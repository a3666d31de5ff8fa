-- ===== src/Lib.antt =====
-- epochd: fake time for processes and for the containers of a cluster.
--
-- The program gives a Linux process a clock of its own. pkg/inject stops the process through
-- ptrace, maps one page near its vDSO, writes the payload of pkg/trampoline there and patches the
-- three vDSO entries that read the clock, so that they jump into the payload; the payload adds the
-- offset of a state struct to what the kernel reports, or reports the struct itself. Afterwards the
-- struct is rewritten by process_vm_writev alone. cmd/agent does this for the containers of a node,
-- pkg/faketime for the processes that a program starts, and cmd/controller keeps the registry of
-- timeshifts of a cluster, saves it in a ConfigMap, calls the agents and answers the HTTP requests of
-- pkg/sdk.
--
-- The files, by the code they are about:
--   Base and its children: shared names, tests, lists, integers, 64-bit words. Clock: Go's package
--     time as far as it is used, with instants in nanoseconds and the saturating Sub. Memory: the
--     bytes of a process.
--   Trampoline: pkg/trampoline/trampoline.go (EncodeState, DecodeState); Trampoline/Hooks: the
--     entries of pkg/trampoline/trampoline.asm over words below 2 ^ 64, the system calls being
--     parameters; RoundTrip, Advancing, Installed and Reads hold the proofs.
--   Procmem: the Tracer of pkg/procmem/procmem.go as a monad over a tracee that may refuse any
--     request and runs freely between a resume and a stop; ByPid has the requests that name a process.
--   Vdso: pkg/vdso/vdso.go, the search for the mapping and the symbols.
--   Inject: pkg/inject/inject.go. Gap is findNearbyGap, Jump the five bytes of a patch, Mmap
--     remoteMmap with its retries and its cleanup, Handle the handle and its updates, Sequence
--     injectWithTracer and the exported functions above it.
--   Faketime: the Handle of pkg/faketime/faketime.go. Heap holds the handles by reference and the
--     calls on a list of them; Session is the Session, with its steps in Session/Reached; Tracker is
--     the ChildTracker: the events of a tree of processes with the injection after an exec, and in
--     Tracker/Update the methods of its caller and watchLoop; Launch has the functions that start or
--     attach to one process.
--   Agent: the server of cmd/agent/main.go over the processes of a node.
--   Controller: cmd/controller/controller.go and watcher.go. Registry is the map of timeshifts,
--     Create, Update, Remove and Watch the operations, Invariant the step relation on the whole; Threads
--     splits the operations into the sections between their locks and calls, which interleave; Store
--     is store.go with restore, Handlers handlers.go over the bodies of pkg/api/api.go, in Api.
--   Resolve: LookupPID of pkg/k8sresolve/k8sresolve.go.
--   Sdk: the client of pkg/sdk/sdk.go over any transport, with WaitForActive and
--     withTimeMode in Scoped; Service puts the handlers behind it.
--   Cluster: the pool of pkg/agentclient/agentclient.go, which joins Controller to an Agent on each
--     node.
--   Ctl: the command line tool cmd/faketimectl. Flags is the standard library's parse of flags, Args and
--     Commands are cmds_controller.go and the switch of main.go, Local the checks of cmds_inject.go
--     and cmds_run.go with the exit code, Watch runWatchLoop of cmds_run.go; Service runs the tool
--     against the handlers.
--   Examples: runs at concrete values.
--
-- A uint64, a uintptr and a register are numbers below 2 ^ 64 whose wrap-around is written out; an
-- int64 is an integer, with its range as a hypothesis where it matters. Loops are structural recursion
-- on the list they walk, but for three that wait for the outside: WaitForActive, where the fuel is more
-- than the pauses before the context ends, and watchLoop and runWatchLoop, where it is more than the
-- rounds before they are closed.
--
-- Parameters stand for the kernel and the tracee (Procmem.Env, Hooks.Kernel), for what is read from
-- /proc and by debug/elf (Vdso.ProcFs), for the answers of the agents (Controller.Agents, which
-- Cluster fills with servers of the agent), of the
-- Kubernetes API and of the label selectors, for encoding/json (Store.Json, Sdk.Decoders), for the
-- formats and sorts of the standard library (Handlers.Formats), for the transport and the context of
-- a client (Sdk.World), for what wait4 and a fork event report (Tracker.Update.Round, Tracker.Reading,
-- Ctl.Watch.Round), for strconv.ParseInt,
-- and for every reading of the clock.
--
-- Not modelled: the pod watcher among the interleaved operations; the goroutines of an update of
-- pkg/faketime, which are run one after the other; the kill of a process whose injection failed in a
-- session; the calls of the tracer behind the requests of the child tracker; the start of the command of
-- `faketimectl run`; the text of errors, events and usages and the alignment of tables; the metrics and
-- logs around a handler; gRPC, logging and the registration of metrics.
pub mod Base
pub mod Clock
pub mod Memory
pub mod Trampoline
pub mod Procmem
pub mod Vdso
pub mod Inject
pub mod Faketime
pub mod Agent
pub mod Resolve
pub mod Api
pub mod Controller
pub mod Sdk
pub mod Cluster
pub mod Ctl
pub mod Examples
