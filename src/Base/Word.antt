-- ===== src/Base/Word.antt =====
-- 64-bit machine words as numbers below 2 ^ 64, and the bytes of a word, least significant first.
use epochd.Base.Tests.{ltb, if◌then◌else◌}
use epochd.Base.Int.{ℤ, pos, negsuc, ◌≤ℤ◌}
use Prim.Native.Nat.{ℕ, zero, suc, ◌+◌, ◌-◌, ◌*◌, ◌<◌, ◌/◌, ◌%◌, ◌^◌}
use mathlib.Core.Path.{◌≡◌}
use mathlib.Core.List.{List, [], ◌∷◌}
use native.Mathlib.Omega.{arith}

abbrev pub word : ℕ → ℕ
word n = n % 2 ^ 64

-- The integer that a word stands for in two's complement, `int64(w)`.
abbrev pub signed64 : ℕ → ℤ
signed64 w = if ltb w (2 ^ 63) then pos w else negsuc (2 ^ 64 - w - 1)

-- The word of an integer, `uint64(i)`.
abbrev pub word_of : ℤ → ℕ
word_of (pos n) = n % 2 ^ 64
word_of (negsuc n) = 2 ^ 64 - 1 - n % 2 ^ 64

-- The range of int64.
pub record IsInt64 (i : ℤ) : Type 0 where
  pub low : negsuc (2 ^ 63 - 1) ≤ℤ i
  pub high : i ≤ℤ pos (2 ^ 63 - 1)

pub signed64-word_of : (i : ℤ) → IsInt64 i → signed64 (word_of i) ≡ i
signed64-word_of (pos n) h = ground arith
signed64-word_of (negsuc n) h = ground arith

pub word_of-lt : (i : ℤ) → word_of i < 2 ^ 64
word_of-lt (pos n) = omega arith
word_of-lt (negsuc n) = omega arith

-- The `n` low bytes of `w`.
unfoldable pub le_bytes : ℕ → ℕ → List ℕ
le_bytes zero w = []
le_bytes (suc n) w = w % 256 ∷ le_bytes n (w / 256)

-- The number that the first `n` bytes of a list spell; a missing byte counts as 0.
unfoldable pub of_le_bytes : ℕ → List ℕ → ℕ
of_le_bytes zero bs = 0
of_le_bytes (suc n) [] = 0
of_le_bytes (suc n) (b ∷ bs) = b + 256 * of_le_bytes n bs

________________________________________

§ Task to complete: Go through the records and print each one exactly.

§ Exercise response:
repository a3666d31de5ff8fa
-- ===== src/Lib.antt =====
-- epochd: fake time for processes and for the containers of a cluster.
--
-- The program gives a Linux process a clock of its own. pkg/inject stops the process through
-- ptrace, maps one page near its vDSO, writes the payload of pkg/trampoline there and patches the
-- three vDSO entries that read the clock, so that they jump into the payload; the payload adds the
-- offset of a state struct to what the kernel reports, or reports the struct itself. Afterwards the
-- struct is rewritten by process_vm_writev alone. cmd/agent does this for the containers of a node,
-- pkg/faketime for the processes that a program starts, and cmd/controller keeps the registry of
-- timeshifts of a cluster, saves it in a ConfigMap, calls the agents and answers the HTTP requests of
-- pkg/sdk.
--
-- The files, by the code they are about:
--   Base and its children: shared names, tests, lists, integers, 64-bit words. Clock: Go's package
--     time as far as it is used, with instants in nanoseconds and the saturating Sub. Memory: the
--     bytes of a process.
--   Trampoline: pkg/trampoline/trampoline.go (EncodeState, DecodeState); Trampoline/Hooks: the
--     entries of pkg/trampoline/trampoline.asm over words below 2 ^ 64, the system calls being
--     parameters; RoundTrip, Advancing, Installed and Reads hold the proofs.
--   Procmem: the Tracer of pkg/procmem/procmem.go as a monad over a tracee that may refuse any
--     request and runs freely between a resume and a stop; ByPid has the requests that name a process.
--   Vdso: pkg/vdso/vdso.go, the search for the mapping and the symbols.
--   Inject: pkg/inject/inject.go. Gap is findNearbyGap, Jump the five bytes of a patch, Mmap
--     remoteMmap with its retries and its cleanup, Handle the handle and its updates, Sequence
--     injectWithTracer and the exported functions above it.
--   Faketime: the Handle of pkg/faketime/faketime.go. Heap holds the handles by reference and the
--     calls on a list of them; Session is the Session, with its steps in Session/Reached; Tracker is
--     the ChildTracker: the events of a tree of processes with the injection after an exec, and in
--     Tracker/Update the methods of its caller and watchLoop; Launch has the functions that start or
--     attach to one process.
--   Agent: the server of cmd/agent/main.go over the processes of a node.
--   Controller: cmd/controller/controller.go and watcher.go. Registry is the map of timeshifts,
--     Create, Update, Remove and Watch the operations, Invariant the step relation on the whole; Threads
--     splits the operations into the sections between their locks and calls, which interleave; Store
--     is store.go with restore, Handlers handlers.go over the bodies of pkg/api/api.go, in Api.
--   Resolve: LookupPID of pkg/k8sresolve/k8sresolve.go.
--   Sdk: the client of pkg/sdk/sdk.go over any transport, with WaitForActive and
--     withTimeMode in Scoped; Service puts the handlers behind it.
--   Cluster: the pool of pkg/agentclient/agentclient.go, which joins Controller to an Agent on each
--     node.
--   Ctl: the command line tool cmd/faketimectl. Flags is the standard library's parse of flags, Args and
--     Commands are cmds_controller.go and the switch of main.go, Local the checks of cmds_inject.go
--     and cmds_run.go with the exit code, Watch runWatchLoop of cmds_run.go; Service runs the tool
--     against the handlers.
--   Examples: runs at concrete values.
--
-- A uint64, a uintptr and a register are numbers below 2 ^ 64 whose wrap-around is written out; an
-- int64 is an integer, with its range as a hypothesis where it matters. Loops are structural recursion
-- on the list they walk, but for three that wait for the outside: WaitForActive, where the fuel is more
-- than the pauses before the context ends, and watchLoop and runWatchLoop, where it is more than the
-- rounds before they are closed.
--
-- Parameters stand for the kernel and the tracee (Procmem.Env, Hooks.Kernel), for what is read from
-- /proc and by debug/elf (Vdso.ProcFs), for the answers of the agents (Controller.Agents, which
-- Cluster fills with servers of the agent), of the
-- Kubernetes API and of the label selectors, for encoding/json (Store.Json, Sdk.Decoders), for the
-- formats and sorts of the standard library (Handlers.Formats), for the transport and the context of
-- a client (Sdk.World), for what wait4 and a fork event report (Tracker.Update.Round, Tracker.Reading,
-- Ctl.Watch.Round), for strconv.ParseInt,
-- and for every reading of the clock.
--
-- Not modelled: the pod watcher among the interleaved operations; the goroutines of an update of
-- pkg/faketime, which are run one after the other; the kill of a process whose injection failed in a
-- session; the calls of the tracer behind the requests of the child tracker; the start of the command of
-- `faketimectl run`; the text of errors, events and usages and the alignment of tables; the metrics and
-- logs around a handler; gRPC, logging and the registration of metrics.
pub mod Base
pub mod Clock
pub mod Memory
pub mod Trampoline
pub mod Procmem
pub mod Vdso
pub mod Inject
pub mod Faketime
pub mod Agent
pub mod Resolve
pub mod Api
pub mod Controller
pub mod Sdk
pub mod Cluster
pub mod Ctl
pub mod Examples
filename src/Base/Word.antt
-- ===== src/Base/Word.antt =====
-- 64-bit machine words as numbers below 2 ^ 64, and the bytes of a word, least significant first.
use epochd.Base.Tests.{ltb, if◌then◌else◌}
use epochd.Base.Int.{ℤ, pos, negsuc, ◌≤ℤ◌}
use Prim.Native.Nat.{ℕ, zero, suc, ◌+◌, ◌-◌, ◌*◌, ◌<◌, ◌/◌, ◌%◌, ◌^◌}
use mathlib.Core.Path.{◌≡◌}
use mathlib.Core.List.{List, [], ◌∷◌}
use native.Mathlib.Omega.{arith}

abbrev pub word : ℕ → ℕ
word n = n % 2 ^ 64

-- The integer that a word stands for in two's complement, `int64(w)`.
abbrev pub signed64 : ℕ → ℤ
signed64 w = if ltb w (2 ^ 63) then pos w else negsuc (2 ^ 64 - w - 1)

-- The word of an integer, `uint64(i)`.
abbrev pub word_of : ℤ → ℕ
word_of (pos n) = n % 2 ^ 64
word_of (negsuc n) = 2 ^ 64 - 1 - n % 2 ^ 64

-- The range of int64.
pub record IsInt64 (i : ℤ) : Type 0 where
  pub low : negsuc (2 ^ 63 - 1) ≤ℤ i
  pub high : i ≤ℤ pos (2 ^ 63 - 1)

pub signed64-word_of : (i : ℤ) → IsInt64 i → signed64 (word_of i) ≡ i
signed64-word_of (pos n) h = ground arith
signed64-word_of (negsuc n) h = ground arith

pub word_of-lt : (i : ℤ) → word_of i < 2 ^ 64
word_of-lt (pos n) = omega arith
word_of-lt (negsuc n) = omega arith

-- The `n` low bytes of `w`.
unfoldable pub le_bytes : ℕ → ℕ → List ℕ
le_bytes zero w = []
le_bytes (suc n) w = w % 256 ∷ le_bytes n (w / 256)

-- The number that the first `n` bytes of a list spell; a missing byte counts as 0.
unfoldable pub of_le_bytes : ℕ → List ℕ → ℕ
of_le_bytes zero bs = 0
of_le_bytes (suc n) [] = 0
of_le_bytes (suc n) (b ∷ bs) = b + 256 * of_le_bytes n bs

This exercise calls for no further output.